Sam Yoon's school-committee shimmy



Today's Globe includes a letter to the editor from city councilor/mayoral hopeful Sam Yoon, who claims that a recent editorial misrepresented his position on returning to an elected Boston School Committe:

I want to correct the record from the Globe editorial about Boston's School Committee. I never said we should return to an elected committee, but that it ought to be part of the discussion....

I question whether an appointed school committee can always advocate for wholesale change. We need a school committee that will avoid abuses of the past while bringing accountability and differing viewpoints to our schools. This requires a top-to-bottom examination of the current system.

Until we are satisfied with our schools, we must continue the debate. [all emphasis added]

Now, for the record, here's how the Globe editorial in question characterized Yoon's position on the issue: "Yoon is trying to revive a body also better left to the dustbin of history: the elected School Committee."

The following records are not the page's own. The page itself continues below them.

-- ===== src/Consix/Lines/Copy.antt =====
-- What one copy of the lines through a point changes, at each place of a table.
use chess_set.Base.{
  ℕ, Bool, true, false, not, ◌&&◌, ◌||◌, ◌≡◌, refl, ◌∙◌, ap, inl, inr, if◌then◌else◌, leb, ◌==◌,
  Bool-cases, arith, ==→≡,
}
use chess_set.Base.Int.{ℤ, negsuc, ◌==ℤ◌, ==ℤ→≡}
use chess_set.Consix.State.{
  Angle, angle0, angle45, angle90, angle135, Point, Line, Lines, Board, no_line,
}
use chess_set.Consix.Coord.{Pos, line_id, has_line}
use chess_set.Consix.Lines.{
  pos_of, copy_fields, copy_line, copy_cross, backup_line, recover_line, update_line,
  get_line_value_for_cross, update_line_for_cross,
}

abbrev pick {ℓ} : {A : Type ℓ} → Bool → A → A → A
pick b x y = if b then x else y

pick_over {ℓ} : {A : Type ℓ} (b : Bool) (x y z : A) → pick b x (pick b y z) ≡ pick b x z
pick_over true x y z = refl
pick_over false x y z = refl

pick_through {ℓ} : {A : Type ℓ} (b : Bool) (x y z : A) → pick b (pick b x y) z ≡ pick b x z
pick_through true x y z = refl
pick_through false x y z = refl

pick_same {ℓ} : {A : Type ℓ} (b : Bool) (x : A) → pick b x x ≡ x
pick_same true x = refl
pick_same false x = refl

-- A copy covers the copies before it.
pub copy_fields_over :
    (w : ℕ) (a b c : Line) → copy_fields w a (copy_fields w b c) ≡ copy_fields w a c
unfolding copy_fields
copy_fields_over w a b c = λ i. record c {
  value = a.value;
  threat_num = a.threat_num;
  threat_point = pick_over (leb w 1) a.threat_point b.threat_point c.threat_point i;
  big_poten_point = pick_over (leb w 2) a.big_poten_point b.big_poten_point c.big_poten_point i;
  sma_poten_point = pick_over (leb w 3) a.sma_poten_point b.sma_poten_point c.sma_poten_point i;
  big_poten_step = pick_over (leb w 4) a.big_poten_step b.big_poten_step c.big_poten_step i;
  sma_poten_step = pick_over (leb w 5) a.sma_poten_step b.sma_poten_step c.sma_poten_step i;
  com_point = pick_over (leb w 6) a.com_point b.com_point c.com_point i;
}

-- A copy of a copy is a copy of the first.
pub copy_fields_through :
    (w : ℕ) (a b c : Line) → copy_fields w (copy_fields w a b) c ≡ copy_fields w a c
unfolding copy_fields
copy_fields_through w a b c = λ i. record c {
  value = a.value;
  threat_num = a.threat_num;
  threat_point = pick_through (leb w 1) a.threat_point b.threat_point c.threat_point i;
  big_poten_point = pick_through (leb w 2) a.big_poten_point b.big_poten_point c.big_poten_point i;
  sma_poten_point = pick_through (leb w 3) a.sma_poten_point b.sma_poten_point c.sma_poten_point i;
  big_poten_step = pick_through (leb w 4) a.big_poten_step b.big_poten_step c.big_poten_step i;
  sma_poten_step = pick_through (leb w 5) a.sma_poten_step b.sma_poten_step c.sma_poten_step i;
  com_point = pick_through (leb w 6) a.com_point b.com_point c.com_point i;
}

pub copy_fields_same : (w : ℕ) (a : Line) → copy_fields w a a ≡ a
unfolding copy_fields
copy_fields_same w a = λ i. record a {
  threat_point = pick_same (leb w 1) a.threat_point i;
  big_poten_point = pick_same (leb w 2) a.big_poten_point i;
  sma_poten_point = pick_same (leb w 3) a.sma_poten_point i;
  big_poten_step = pick_same (leb w 4) a.big_poten_step i;
  sma_poten_step = pick_same (leb w 5) a.sma_poten_step i;
  com_point = pick_same (leb w 6) a.com_point i;
}

-- The line `id` is the one through `p` in direction `k`.
abbrev pub on_line : Angle → Pos → ℤ → Bool
on_line k p id = has_line k p && line_id k p ==ℤ id

-- The line `id` is one of the four through `p`.
abbrev pub on_cross : Pos → ℤ → Bool
on_cross p id =
    on_line angle0 p id || on_line angle45 p id || on_line angle90 p id || on_line angle135 p id

-- The place `(s, id)` of a table, where a copy for `side` and `p` writes.
abbrev pub hits : ℕ → Pos → ℕ → ℤ → Bool
hits side p s id = side == s && on_cross p id

module _ {ℓ} {A : Type ℓ} (F : A → A) (again : (y : A) → F (F y) ≡ F y) where
  once : Bool → A → A
  once b y = if b then F y else y

  merge : (b c : Bool) (y : A) → once c (once b y) ≡ once (b || c) y
  unfolding once
  merge true true y = again y
  merge true false y = refl
  merge false true y = refl
  merge false false y = refl

  merge4 :
      (e a b c d : Bool) (y : A)
      → once (e && d) (once (e && c) (once (e && b) (once (e && a) y)))
        ≡ once (e && (a || b || c || d)) y
  merge4 e a b c d y = rw (merge, merge, merge) (ap (λ t. once t y) (ground arith))

module _ (w : ℕ) (from : Lines) (side : ℕ) (p : Pos) (s : ℕ) (id : ℤ) where
  copy_line_at :
      (into : Lines) (k : Angle)
      → copy_line w from side p into k s id
        ≡ (if side == s && on_line k p id then copy_fields w (from s id) (into s id) else into s id)
  unfolding copy_line
  copy_line_at into k = elim (Bool-cases (has_line k p)) [
    | inl h ↦ elim (Bool-cases (side == s)) [
      | inl es ↦ elim (Bool-cases (line_id k p ==ℤ id)) [
        | inl ei ↦ rw (h, es, ei, ==→≡ side s es, ==ℤ→≡ (line_id k p) id ei)
        | inr ni ↦ rw (h, es, ni)
      ]
      | inr ns ↦ rw (h, ns)
    ]
    | inr h ↦ elim (Bool-cases (side == s)) [ inl es ↦ rw (h, es) | inr ns ↦ rw (h, ns) ]
  ]

  pub copy_cross_at :
      (into : Lines)
      → copy_cross w from side p into s id
        ≡ (if hits side p s id then copy_fields w (from s id) (into s id) else into s id)
  unfolding copy_cross once
  copy_cross_at into =
      rw (copy_line_at, copy_line_at, copy_line_at, copy_line_at)
        (merge4 (copy_fields w (from s id)) (copy_fields_over w (from s id) (from s id)) (side == s)
          (on_line angle0 p id) (on_line angle45 p id) (on_line angle90 p id)
          (on_line angle135 p id) (into s id))

-- `b ? copy_fields w from into : into`.
abbrev pub copy_if : ℕ → Bool → Line → Line → Line
copy_if w b from into = if b then copy_fields w from into else into

-- A call for `p` and `side` writes at `(s, id)`: it does nothing at the missing point, -1.
abbrev pub reaches : ℕ → Point → ℕ → ℤ → Bool
reaches side p s id = not (p.x ==ℤ negsuc 0) && hits side (pos_of p) s id

guard_point :
    (w : ℕ) (b c : Bool) (from into : Line)
    → (if b then into else copy_if w c from into) ≡ copy_if w (not b && c) from into
guard_point w true c from into = refl
guard_point w false c from into = refl

at_place {ℓ} :
    {A : Type ℓ} (b : Bool) (f g : ℕ → ℤ → A) (s : ℕ) (id : ℤ)
    → (if b then f else g) s id ≡ (if b then f s id else g s id)
at_place true f g s id = refl
at_place false f g s id = refl

module _ (p : Point) (info temp : Lines) (side w s : ℕ) (id : ℤ) where
  pub backup_line_at :
      backup_line p info temp side w s id ≡ copy_if w (reaches side p s id) (info s id) (temp s id)
  unfolding backup_line
  backup_line_at =
      at_place (p.x ==ℤ negsuc 0) temp (copy_cross w info side (pos_of p) temp) s id
      ∙ rw (copy_cross_at w info side (pos_of p) s id temp)
          (guard_point w (p.x ==ℤ negsuc 0) (hits side (pos_of p) s id) (info s id) (temp s id))

  pub recover_line_at :
      recover_line p info temp side w s id ≡ copy_if w (reaches side p s id) (temp s id) (info s id)
  unfolding recover_line
  recover_line_at =
      at_place (p.x ==ℤ negsuc 0) info (copy_cross w temp side (pos_of p) info) s id
      ∙ rw (copy_cross_at w temp side (pos_of p) s id info)
          (guard_point w (p.x ==ℤ negsuc 0) (hits side (pos_of p) s id) (temp s id) (info s id))

-- What `UpdateLineForCross` writes where it writes.
abbrev pub fresh_lines : (ℕ → ℕ) → Board → Point → ℕ → ℕ → Lines
fresh_lines pre_table board p side w =
    get_line_value_for_cross pre_table board p (λ s i. no_line) side w

pub update_line_for_cross_at :
    (pre_table : ℕ → ℕ) (board : Board) (p : Point) (side w : ℕ) (info : Lines) (s : ℕ) (id : ℤ)
    → update_line_for_cross pre_table board p side w info s id
      ≡ copy_if w (reaches side p s id) (fresh_lines pre_table board p side w s id) (info s id)
unfolding update_line_for_cross update_line
update_line_for_cross_at pre_table board p side w info s id =
    let fresh = fresh_lines pre_table board p side w in
    at_place (p.x ==ℤ negsuc 0) info (copy_cross w fresh side (pos_of p) info) s id
    ∙ rw (copy_cross_at w fresh side (pos_of p) s id info)
        (guard_point w (p.x ==ℤ negsuc 0) (hits side (pos_of p) s id) (fresh s id) (info s id))

-- The four updates round two points, for two sides.
abbrev pub updated_lines : (ℕ → ℕ) → Board → Point → Point → ℕ → ℕ → ℕ → Lines → Lines
updated_lines pre_table board p q s1 s2 w info =
    let one = update_line_for_cross pre_table board p s1 w info in
    let two = update_line_for_cross pre_table board p s2 w one in
    let three = update_line_for_cross pre_table board q s1 w two in
    update_line_for_cross pre_table board q s2 w three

And here, finally, is what Yoon himself said in his YouTube campaign announcement:

In order to become the Boston that we know we can be, we have to be willing to face our problems head on, and be willing to be bold, innovative, creative. And we need to talk. We need to talk about what it would mean to go back to an elected school committe [Yoon's emphasis]. At a time when our schools are facing the largest budget shortfall they've ever seen, we have to question whether an appointed school committee--appointed solely by the mayor--can truly be the educational advocates we need them to be.

So, did the original Globe editorial get it wrong? I don't think so. Yoon's announcement makes it sound like, in his estimation, returning to elected school committee would probably be a good move. Then, when the Globe took this possibility seriously, Yoon backed off, saying he only thinks that an elected school committee might be smart--and that discussing this possibility is the really important thing.

My guess is that Yoon thinks voters will see his Linda Richman approach as a refreshing alternative to Tom Menino's M.O. Of course, it's also a handy way to avoid taking actual stands ("I didn't say we should do X, just that we should talk about doing X").